The law requires debit interchange reasonable and proportional to issuers' incremental processing costs, which for large issuers aren't more than a couple cents, if that. Absent Congressional action, debit interchange is therefore likely to come down to between a couple cents and the Fed's original 7-cent-per-transaction safe-harbor cap.

The unbanked population has been increasing and free checking accounts declining as a result of a gelded implementation of the Durbin amendment. Issuers with more $10 billion in assets such as Bank of America, JPMorgan Chase, Wells Fargo and U.S. Bancorp face the specter of losing billions more in interchange revenue. Consequently, more consumers will be pushed out of the banking system and lose free checking. Cardholders, the constituency with no seat at the table, will suffer higher fees and reduced benefits.

Unlike in the U.S., interchange regulation abroad has been uniform. The European Commission didn't propose 20 basis points for out-of- favor banks and 145 basis points for favored banks. In contrast, in the U.S. to paraphrase George Orwell, all banks are equal but some banks are more equal under the law than others, which is profoundly un-American. Politically sympathetic small banks are exempt from Durbin's punitive price caps.

Leon's ruling requires merchants have routing choice for every debit payment – the Fed's original "alternative B" mandating at least two signature and two PIN debit networks for every card. As such, it will also upend debit-network competition.

The temptation and slippery slope of lowering interchange to win transactions would be strong. While regulated and unregulated interchange will be squeezed, issuers can threaten to drop networks cutting interchange to win transactions, particularly for PIN.

Changes to signature-debit network competition will be more momentous. If every issuer has to align with Visa and MasterCard, which collectively have 99.9% market share, the networks could raise fees on issuers, who would no longer influence network share.

How it plays out, however, depends not only on Visa's and MasterCard's actions, but whether Discover with de minimis share today decides to compete and Star, NYCE and other traditional PIN-networks invest to offer sig-authentication and widen acceptance.

Historical distinctions between sig and PIN debit networks will blur.

While European regulators have stymied retail network competition, the U.S. payments market is relatively lightly regulated, and has become more competitive, innovative and open. This has enabled an unprecedented wave of new entrants, challenging the status quo, including scores of payments service providers and digital wallets, none of which were hatched in Washington. America's leading retail payment systems – Visa, MasterCard, American Express, Discover, PayPal, Star, NYCE and Accel – are commercial and independent of banks.

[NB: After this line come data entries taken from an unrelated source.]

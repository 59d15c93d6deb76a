-- ===== src/Ingest.antt =====
-- backend/app/api/ingest.py and common.py: the endpoints that take documents in.
pub mod Files
mod Tests
use keel_be.Prelude.{
  ℕ, String, Text, Bool, true, false, ◌&&◌, Option, none, some, is_some, or_else, List, [], ◌∷◌,
  ◌++◌, map, ◌==◌, codes, is_nonempty, length, ltb, strip, join, if◌then◌else◌,
}
use keel_be.Prelude.Rows.{get}
use keel_be.Models.Enums.{SourceType, IngestionStatus}
use keel_be.Models.Identity.{User, user_key}
use keel_be.Models.ApiKey.{ApiCallLog}
use keel_be.Models.Ingestion.{Document, IngestionJob}
use keel_be.Core.Errors.{Exc, Kind, app, app_error_with}
use keel_be.Core.Principal.{Principal, ensure_write_scope}
use keel_be.Core.Session.{Result, ok, err, Run, ◌>>=◌, ◌>>◌}
use keel_be.Core.Settings.{Settings, max_upload_bytes}
use keel_be.Documents.{
  World, NewDocument, build_path, create_queued_document, detect_file_type, get_job,
}
use keel_be.Documents as Docs
use keel_be.Storage.{save_part, size, put}

-- What the endpoints work on: the world of the documents, the users, and the log of calls.
pub record State : Type 0 where
  pub world : World
  pub users : List User
  pub call_logs : List ApiCallLog

-- What they take from their surroundings: that of the documents, the settings, the clock, the identifier drawn for
-- a document, UTF-8, and `complete_multipart` of the backend that is configured.
pub record Env : Type 0 where
  pub docs : Docs.Env
  pub settings : Settings
  pub now : ℕ
  pub document_id : ℕ
  pub encode : Text → Text
  pub complete_multipart : Text → Text → ℕ → Run (List (Text × Text)) Text

-- The form of `POST /ingest/file`; `filename` and `content_type` are those of the file sent.
pub record FileForm : Type 0 where
  pub content : Text
  pub filename : Option Text
  pub content_type : Option Text
  pub file_name : Option Text
  pub tags : Option Text
  pub upload_id : Option Text
  pub part_number : Option ℕ
  pub total_parts : Option ℕ

pub record JobResponse : Type 0 where
  pub document_id : ℕ
  pub job_id : ℕ
  pub status : IngestionStatus

abbrev pub in_world : {A : Type 0} → Run World A → Run State A
in_world m s = let (r, w) = m s.world in (r, record s { world = w })

abbrev in_files : {A : Type 0} → Run (List (Text × Text)) A → Run State A
in_files m s =
    let (r, fs) = m s.world.files in (r, record s { world = record s.world { files = fs } })

abbrev pub lift : {A : Type 0} → Result A → Run State A
lift r s = (r, s)

-- `value or other`, for a text and for a number of a form.
abbrev or_text : Option Text → Text → Text
or_text none d = d
or_text (some t) d = if is_nonempty t then t else d

abbrev pub truthy : Option ℕ → Option ℕ
truthy none = none
truthy (some n) = if n == 0 then none else some n

-- `tags.split(",")`; `word` is the piece being read.
unfoldable pub split_commas : Text → Text → List Text
split_commas word [] = word ∷ []
split_commas word (c ∷ s) =
    let next = word ∷ split_commas [] s in
    let longer = split_commas (word ++ c ∷ []) s in if c == b',' then next else longer

abbrev tag_list : Option Text → List Text
tag_list none = []
tag_list (some tags) = if is_nonempty tags then map strip (split_commas [] tags) else []

abbrev pub file_too_large : Exc
file_too_large =
    app (app_error_with Kind.bad_request "File exceeds the 500 MB limit" "FILE_TOO_LARGE")

-- `_uploader_name`
pub uploader_name : Principal → List User → String
uploader_name p users = elim p.user_id [
  | none ↦ "API"
  | some i ↦ elim (get i users) [ none ↦ "user" | some user ↦ user.full_name ]
]

-- `_source_type`
pub source_type : Principal → SourceType
source_type p = if is_some p.api_key_id then SourceType.api_push else SourceType.manual_upload

-- `log_api_call`
unfoldable pub log_api_call : ℕ → Principal → String → Run State Unit
log_api_call now p endpoint s = (
  ok tt,
  record s {
    call_logs = s.call_logs ++ elim p.api_key_id [
      | none ↦ []
      | some key ↦
          record {
            workspace_id = p.workspace_id;
            endpoint = endpoint;
            api_key_id = some key;
            created_at = now;
          }
          ∷ []
    ];
  },
)

abbrev job_response : Document × IngestionJob → JobResponse
job_response created = record {
  document_id = created.0.id;
  job_id = created.1.id;
  status = created.0.ingestion_status;
}

module _ (env : Env) where
  -- `file_name or file.filename or "upload"`
  abbrev pub name_of : FileForm → Text
  name_of form = or_text form.file_name (or_text form.filename (codes "upload"))

  abbrev pub path_of : Principal → FileForm → Text
  path_of p form = build_path env.docs p.workspace_id env.document_id (name_of form)

  -- The last part of an upload: it is saved, and the parts are assembled.
  unfoldable pub store_parts : Principal → FileForm → Text → ℕ → Run State (ℕ × Text)
  store_parts p form upload_id total_parts = do
    in_files (λ fs. (
      ok tt,
      save_part upload_id (or_else (truthy form.part_number) total_parts) form.content fs,
    ))
    in_files (env.complete_multipart upload_id (path_of p form) total_parts)
    size_bytes ← (λ s. (size (path_of p form) s.world.files, s))
    file_type ← lift (detect_file_type env.docs.lower (name_of form) none)
    (λ s. (ok (size_bytes, file_type), s))

  -- A file sent whole.
  unfoldable pub store_whole : Principal → FileForm → Run State (ℕ × Text)
  store_whole p form = do
    file_type ← lift (detect_file_type env.docs.lower (name_of form) (some form.content))
    in_files (λ fs. (ok tt, put (path_of p form) form.content fs))
    (λ s. (ok (length form.content, file_type), s))

  -- `if upload_id and total_parts`
  unfoldable pub store : Principal → FileForm → Run State (ℕ × Text)
  unfolding store_parts store_whole
  store p form = elim (truthy form.total_parts) [
    | none ↦ store_whole p form
    | some total_parts ↦
        if is_nonempty (or_text form.upload_id [])
        then store_parts p form (or_text form.upload_id []) total_parts
        else store_whole p form
  ]

  unfoldable pub file_document : Principal → FileForm → List User → ℕ → Text → NewDocument
  file_document p form users size_bytes file_type = record {
    document_id = env.document_id;
    workspace_id = p.workspace_id;
    name = name_of form;
    filename = name_of form;
    file_type = file_type;
    mime_type = form.content_type;
    size_bytes = size_bytes;
    source_type = source_type p;
    storage_path = some (path_of p form);
    connector_id = none;
    external_document_id = none;
    tags = tag_list form.tags;
    uploaded_by = uploader_name p users;
    uploaded_by_id = p.user_id;
  }

  -- What follows the storage of a file.
  abbrev pub queue_file : Principal → FileForm → ℕ × Text → Run State JobResponse
  queue_file p form stored =
      if ltb (max_upload_bytes env.settings) stored.0 then lift (err file_too_large) else (λ s.
        (in_world (create_queued_document env.docs (file_document p form s.users stored.0 stored.1))
            >>= λ created.
                log_api_call env.now p "/api/ingest/file" >> lift (ok (job_response created)))
          s)

  unfoldable pub ingest_file : Principal → FileForm → Run State JobResponse
  unfolding store
  ingest_file p form = lift (ensure_write_scope p) >> (store p form >>= queue_file p form)

  unfoldable pub ingest_file_part : Principal → Text → ℕ → Text → Run State Unit
  ingest_file_part p upload_id part_number content =
      lift (ensure_write_scope p)
      >> in_files (λ fs. (ok tt, save_part upload_id part_number content fs))

  -- `document_service.ingest_text`, logged for an endpoint.
  unfoldable pub ingest_content :
      Principal → String → Text → Text → List Text → Run State JobResponse
  ingest_content p endpoint content title tags s =
      (in_world (
            Docs.ingest_text env.docs env.encode env.document_id p.workspace_id content title tags
              (uploader_name p s.users))
          >>= λ created. log_api_call env.now p endpoint >> lift (ok (job_response created)))
        s

  unfoldable pub ingest_text : Principal → Text → Text → List Text → Run State JobResponse
  unfolding ingest_content
  ingest_text p content title tags =
      lift (ensure_write_scope p) >> ingest_content p "/api/ingest/text" content title tags

  -- A record is ingested as a text; a field is its name and its value as `str` shows it.
  abbrev field_line : Text × Text → Text
  field_line f = f.0 ++ (codes ": " ++ f.1)

  unfoldable pub ingest_record :
      Principal → Text → Text → List (Text × Text) → List Text → Run State JobResponse
  unfolding ingest_content
  ingest_record p record_type record_id fields tags =
      lift (ensure_write_scope p)
      >> ingest_content p "/api/ingest/record"
          (record_type ++ (b' ' ∷ record_id ++ (10 ∷ join (10 ∷ []) (map field_line fields))))
          (record_type ++ (b':' ∷ record_id)) tags

  unfoldable pub ingest_status : Principal → ℕ → Run State IngestionJob
  ingest_status p job_id = in_world (get_job p.workspace_id job_id)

Washington, Brussels and Canberra central planners mandating lower fees at one point in the value chain rather than letting the market set prices and decide value, suppresses competition, knowledge acquisition and innovation, and thereby hurts consumers and merchants.

Regulators gloss over in free markets consumer payment preferences trumping merchants'. Higher interchange up to a point, fuels issuer innovation and enriches cardholder value, spurring greater use. The issue is not what the right interchange price is, but rather should it be set by the state, litigation or the interplay of networks, financial institutions, merchants and consumers in the market.

The payments industry should mount an all-out campaign to repeal the Durbin amendment. The argument should be framed in the public arena in terms of defending markets and cardholders across the socioeconomic spectrum, against Washington central planning. For the sake of payments innovation, competition and consumers, Congress should repeal Durbin's price controls.

Eric Grover is a partner at Intrepid Ventures, a financial services and payments consulting firm in Minden, Nev.